Dataset
☆ ☆ ☆ ☆ ☆
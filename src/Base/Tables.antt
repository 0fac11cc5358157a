-- ===== src/Base/Tables.antt =====
-- Functions from numbers as tables: one entry replaced.
use Prim.Native.Nat.{ℕ}
use mathlib.Core.Path.{◌≡◌, sym, subst}
use native.Mathlib.Decide.{ℕ_discrete}
use mathlib.Core.Logic.{◌≢◌}
use native.Mathlib.Omega.{arith}
use linux.Base.Tests.{◌==◌, if◌then◌else◌}

module _ {ℓ} {A : Type ℓ} where
  abbrev pub update : (ℕ → A) → ℕ → A → ℕ → A
  update f p v q = if p == q then v else f q

  pub update_self : (f : ℕ → A) (p : ℕ) (v : A) → update f p v p ≡ v
  update_self f p v = ground arith

  pub update_ne : (f : ℕ → A) (p q : ℕ) (v : A) → p ≢ q → update f p v q ≡ f q
  update_ne f p q v h = ground arith

  -- What holds of the new entry and of the other ones holds of all.
  pub each :
      (Q : ℕ → A → Type 0) (f : ℕ → A) (p : ℕ) (v : A)
      → Q p v
      → ((q : ℕ) → p ≢ q → Q q (f q))
      → (q : ℕ) → Q q (update f p v q)
  each Q f p v new old q = elim (ℕ_discrete p q) [
    | yes e ↦ subst (λ k. Q k (update f p v k)) e (subst (λ x. Q p x) (sym (update_self f p v)) new)
    | no d ↦ subst (λ x. Q q x) (sym (update_ne f p q v d)) (old q d)
  ]
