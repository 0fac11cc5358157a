-- ===== src/Base/Words.antt =====
-- A machine word as the set of its bits: bit `k` of `w` is `w k`. Only bits below the word's width
-- are read. `1 << k`, `|`, `&` and `~` act bit by bit.
use Prim.Native.Nat.{ℕ, zero, suc, ◌<◌}
use mathlib.Core.Path.{◌≡◌, refl}
use mathlib.Core.Bool.{Bool, true, false, not, ◌&&◌, ◌||◌}
use native.Mathlib.Omega.{arith}
use linux.Base.Tests.{◌==◌}

abbrev pub Word : Type 0
Word = ℕ → Bool

abbrev pub no_bits : Word
no_bits k = false

-- 1 << k
abbrev pub bit : ℕ → Word
bit k j = k == j

infixl 64 ◌|||◌
infixl 66 ◌&&&◌
abbrev pub ◌|||◌ : Word → Word → Word
◌|||◌ a b j = a j || b j

abbrev pub ◌&&&◌ : Word → Word → Word
◌&&&◌ a b j = a j && b j

abbrev pub complement : Word → Word
complement a j = not (a j)

-- Is one of the lowest `n` bits set? `word != 0` is `any_bit 32 word`.
unfoldable pub any_bit : ℕ → Word → Bool
any_bit zero w = false
any_bit (suc n) w = w n || any_bit n w

pub any_bit_intro : (n k : ℕ) (w : Word) → k < n → w k ≡ true → any_bit n w ≡ true
unfolding any_bit
any_bit_intro zero k w h e = absurd (omega arith)
any_bit_intro (suc n) k w h e = ground (arith, any_bit_intro n k w)

pub any_bit_none : (n k : ℕ) (w : Word) → k < n → any_bit n w ≡ false → w k ≡ false
unfolding any_bit
any_bit_none zero k w h e = absurd (omega arith)
any_bit_none (suc n) k w h e = ground (arith, any_bit_none n k w)

pub any_bit_clear : (n : ℕ) (w : Word) → ((k : ℕ) → w k ≡ false) → any_bit n w ≡ false
unfolding any_bit
any_bit_clear zero w h = refl
any_bit_clear (suc n) w h = rw (h n, any_bit_clear n w h) refl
☆ ☆ ☆ ☆ ☆
Exercise requirements
For this exercise, repeat exactly the lines of the data above from the one with "-- Functions from" down to the one with "update_self f p v = ground arith", both end lines included.

Output for this task
-- Functions from numbers as tables: one entry replaced.
use Prim.Native.Nat.{ℕ}
use mathlib.Core.Path.{◌≡◌, sym, subst}
use native.Mathlib.Decide.{ℕ_discrete}
use mathlib.Core.Logic.{◌≢◌}
use native.Mathlib.Omega.{arith}
use linux.Base.Tests.{◌==◌, if◌then◌else◌}

module _ {ℓ} {A : Type ℓ} where
  abbrev pub update : (ℕ → A) → ℕ → A → ℕ → A
  update f p v q = if p == q then v else f q

  pub update_self : (f : ℕ → A) (p : ℕ) (v : A) → update f p v p ≡ v
  update_self f p v = ground arith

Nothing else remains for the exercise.